Work to complete: Copy exactly the last part of the entries, starting from the line with "raise_if (prepared &&" and including the final line.

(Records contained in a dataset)
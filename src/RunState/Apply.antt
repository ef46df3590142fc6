-- ===== src/RunState/Apply.antt =====
-- internal/runstate/apply.go: `Apply`, the projection of one event.
pub mod Accepted
use partitur.Prelude.{Bool, true, false, ◌&&◌, ◌||◌, not, str_eq, is_some, leb, ◌==◌, if◌then◌else◌}
use partitur.Dict.{lookup, insert}
use partitur.Json.{Fields}
use partitur.RunState.Types.{terminal}
use partitur.RunState.Event.{
  Event, EventType, is_derived_event, is_observational_event, prepare_pending_mutation, run_started,
  run_succeeded, run_failed, run_cancelled, movement_ready, movement_started, movement_succeeded,
  movement_failed, performer_selected, attempt_started, adapter_probed, performer_completed,
  attempt_completed, attempt_blocked, attempt_failed, artifact_recorded, change_set_recorded,
  verification_passed, application_candidate_recorded, acceptance_started, criterion_started,
  criterion_completed, acceptance_failed, acceptance_evaluation_completed, decision_requested,
  decision_resolved, amendment_rejected, execution_started, execution_stopped,
  execution_elapsed_checkpointed, amendment_approval_prepared, amendment_quiesce_observed,
  amendment_approval_abandoned, amendment_routed_human, amendment_approved,
  amendment_human_rejected, authority_granted, cancel_requested, journal_tail_truncated,
  apply_started, apply_completed, apply_failed, apply_recovery_required, apply_recovery_resolved,
  score_promotion_started, score_promoted, score_promotion_recovery_required,
  composition_conflicted, composition_failed, log, progress,
}
use partitur.RunState.State.{State, AppliedEvent}
use partitur.RunState.Action.{
  Action, pure, raise, gets, lift, ◌>>=◌, ◌>>◌, modify, raise_if, raise_unless, when, some_or,
  invalid, transition,
}
use partitur.RunState.Payload.Validate.{validate_payload, unknown_type}
use partitur.RunState.Handlers.Acceptance.{
  on_acceptance_started, on_criterion_started, on_criterion_completed, on_acceptance_failed,
  on_acceptance_evaluation_completed,
}
use partitur.RunState.Handlers.Amendment.{
  on_amendment_rejected, on_amendment_routed_human, on_amendment_human_rejected,
}
use partitur.RunState.Handlers.Application.{
  on_apply_started, on_apply_completed, on_apply_failed, on_apply_recovery_required,
  on_apply_recovery_resolved, on_score_promotion_started, on_score_promoted,
  on_score_promotion_recovery_required,
}
use partitur.RunState.Handlers.Attempt.{
  on_performer_selected, on_attempt_started, on_adapter_probed, on_performer_completed,
  on_attempt_completed, on_attempt_failed, on_artifact_recorded, on_change_set_recorded,
  on_verification_passed,
}
use partitur.RunState.Handlers.Decision.{
  on_attempt_blocked, on_decision_requested, on_decision_resolved,
}
use partitur.RunState.Handlers.Execution.{
  on_execution_started, on_execution_elapsed_checkpointed, on_execution_stopped,
  on_authority_granted, on_journal_tail_truncated,
}
use partitur.RunState.Handlers.Movement.{
  on_movement_ready, on_movement_started, on_movement_failed, on_movement_succeeded,
  require_composition_source,
}
use partitur.RunState.Handlers.Prepare.{
  on_amendment_approval_prepared, on_amendment_quiesce_observed, on_amendment_approval_abandoned,
  on_amendment_approved,
}
use partitur.RunState.Handlers.Run.{
  on_run_started, on_run_succeeded, on_run_failed, on_run_cancelled,
  on_application_candidate_recorded, on_cancel_requested,
}

-- The `switch` of `Apply`. The last clause is its default: the registry's derived events, which
-- the projection does not support, and what is not in the registry.
unfoldable pub dispatch : EventType → Event → Fields → Action (Unit {0})
unfolding on_run_started on_run_succeeded on_run_failed on_run_cancelled on_movement_ready
    on_movement_started on_movement_succeeded on_movement_failed on_performer_selected
    on_attempt_started on_adapter_probed on_performer_completed on_attempt_completed
    on_attempt_blocked on_attempt_failed on_artifact_recorded on_change_set_recorded
    on_verification_passed on_application_candidate_recorded on_acceptance_started
    on_criterion_started on_criterion_completed on_acceptance_failed
    on_acceptance_evaluation_completed on_decision_requested on_decision_resolved
    on_amendment_rejected on_execution_started on_execution_stopped
    on_execution_elapsed_checkpointed on_amendment_approval_prepared on_amendment_quiesce_observed
    on_amendment_approval_abandoned on_amendment_routed_human on_amendment_approved
    on_amendment_human_rejected on_authority_granted on_cancel_requested on_journal_tail_truncated
    on_apply_started on_apply_completed on_apply_failed on_apply_recovery_required
    on_apply_recovery_resolved on_score_promotion_started on_score_promoted
    on_score_promotion_recovery_required require_composition_source
dispatch run_started e p = on_run_started e p
dispatch run_succeeded e p = on_run_succeeded e p
dispatch run_failed e p = on_run_failed e p
dispatch run_cancelled e p = on_run_cancelled e p
dispatch movement_ready e p = on_movement_ready e p
dispatch movement_started e p = on_movement_started e p
dispatch movement_succeeded e p = on_movement_succeeded e p
dispatch movement_failed e p = on_movement_failed e p
dispatch performer_selected e p = on_performer_selected e p
dispatch attempt_started e p = on_attempt_started e p
dispatch adapter_probed e p = on_adapter_probed e p
dispatch performer_completed e p = on_performer_completed e p
dispatch attempt_completed e p = on_attempt_completed e p
dispatch attempt_blocked e p = on_attempt_blocked e p
dispatch attempt_failed e p = on_attempt_failed e p
dispatch artifact_recorded e p = on_artifact_recorded e p
dispatch change_set_recorded e p = on_change_set_recorded e p
dispatch verification_passed e p = on_verification_passed e p
dispatch application_candidate_recorded e p = on_application_candidate_recorded e p
dispatch acceptance_started e p = on_acceptance_started e p
dispatch criterion_started e p = on_criterion_started e p
dispatch criterion_completed e p = on_criterion_completed e p
dispatch acceptance_failed e p = on_acceptance_failed e p
dispatch acceptance_evaluation_completed e p = on_acceptance_evaluation_completed e p
dispatch decision_requested e p = on_decision_requested e p
dispatch decision_resolved e p = on_decision_resolved e p
dispatch amendment_rejected e p = on_amendment_rejected e p
dispatch execution_started e p = on_execution_started e p
dispatch execution_stopped e p = on_execution_stopped e p
dispatch execution_elapsed_checkpointed e p = on_execution_elapsed_checkpointed e p
dispatch amendment_approval_prepared e p = on_amendment_approval_prepared e p
dispatch amendment_quiesce_observed e p = on_amendment_quiesce_observed e p
dispatch amendment_approval_abandoned e p = on_amendment_approval_abandoned e p
dispatch amendment_routed_human e p = on_amendment_routed_human e p
dispatch amendment_approved e p = on_amendment_approved e p
dispatch amendment_human_rejected e p = on_amendment_human_rejected e p
dispatch authority_granted e p = on_authority_granted e p
dispatch cancel_requested e p = on_cancel_requested e p
dispatch journal_tail_truncated e p = on_journal_tail_truncated e p
dispatch apply_started e p = on_apply_started e p
dispatch apply_completed e p = on_apply_completed e p
dispatch apply_failed e p = on_apply_failed e p
dispatch apply_recovery_required e p = on_apply_recovery_required e p
dispatch apply_recovery_resolved e p = on_apply_recovery_resolved e p
dispatch score_promotion_started e p = on_score_promotion_started e p
dispatch score_promoted e p = on_score_promoted e p
dispatch score_promotion_recovery_required e p = on_score_promotion_recovery_required e p
dispatch composition_conflicted e p = require_composition_source e p
dispatch composition_failed e p = require_composition_source e p
dispatch log e p = pure tt
dispatch progress e p = pure tt
dispatch _ e p = raise (unknown_type e)

abbrev pub is_run_cancelled : EventType → Bool
is_run_cancelled run_cancelled = true
is_run_cancelled _ = false

abbrev pub is_amendment_approved : EventType → Bool
is_amendment_approved amendment_approved = true
is_amendment_approved _ = false

-- The `switch` of `validateDerivedCausation`: what may cause a derived event.
abbrev pub causes : EventType → AppliedEvent → Bool
causes EventType.movement_cancelled source = is_run_cancelled source.type
causes EventType.attempt_cancelled source = is_run_cancelled source.type
causes EventType.attempt_superseded source = is_amendment_approved source.type
causes EventType.decision_obsoleted source =
    is_amendment_approved source.type || source.terminalizes_run
causes _ source = true

abbrev check_source : Event → Action (Unit {0})
check_source e = do
  raise_if (str_eq e.causation_id "") (invalid e "causation_id is required for derived events")
  found ← gets (λ s. lookup e.causation_id s.applied_events)
  source ← some_or found (invalid e "causation_id does not reference an already applied event")
  raise_if (not (e.seq == 0) && leb e.seq source.sequence)
      (invalid e "causation_id must reference an earlier event")
  raise_unless (causes e.type source) (invalid e "causation_id")

-- `validateDerivedCausation`
unfoldable pub require_causation : Event → Action (Unit {0})
require_causation e = when (is_derived_event e.type) (check_source e)

-- The end of `Apply`: the event is kept for the events that it may cause.
unfoldable pub note_applied : Event → Bool → State → State
note_applied e was_terminal s =
    if not (str_eq e.event_id "") && not (is_observational_event e.type)
    then record s {
      applied_events =
          insert e.event_id
            (record {
              type = e.type;
              sequence = e.seq;
              terminalizes_run = not was_terminal && terminal s.run;
            })
            s.applied_events;
    }
    else s

-- `Apply` after the validation of the payload.
unfoldable pub project : Event → Fields → Action (Unit {0})
project e p = do
  require_causation e
  was_terminal ← gets (λ s. terminal s.run)
  prepared ← gets (λ s. is_some s.pending_prepare)
  raise_if (prepared && not (prepare_pending_mutation e.type)) (transition e "prepare_pending")
  dispatch e.type e p
  modify (note_applied e was_terminal)

-- `Apply`: the state comes back beside an error too.
unfoldable pub apply : Event → Action (Unit {0})
apply e = do p ← lift (validate_payload e); project e p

Response to the exercise:
  raise_if (prepared && not (prepare_pending_mutation e.type)) (transition e "prepare_pending")
  dispatch e.type e p
  modify (note_applied e was_terminal)

-- `Apply`: the state comes back beside an error too.
unfoldable pub apply : Event → Action (Unit {0})
apply e = do p ← lift (validate_payload e); project e p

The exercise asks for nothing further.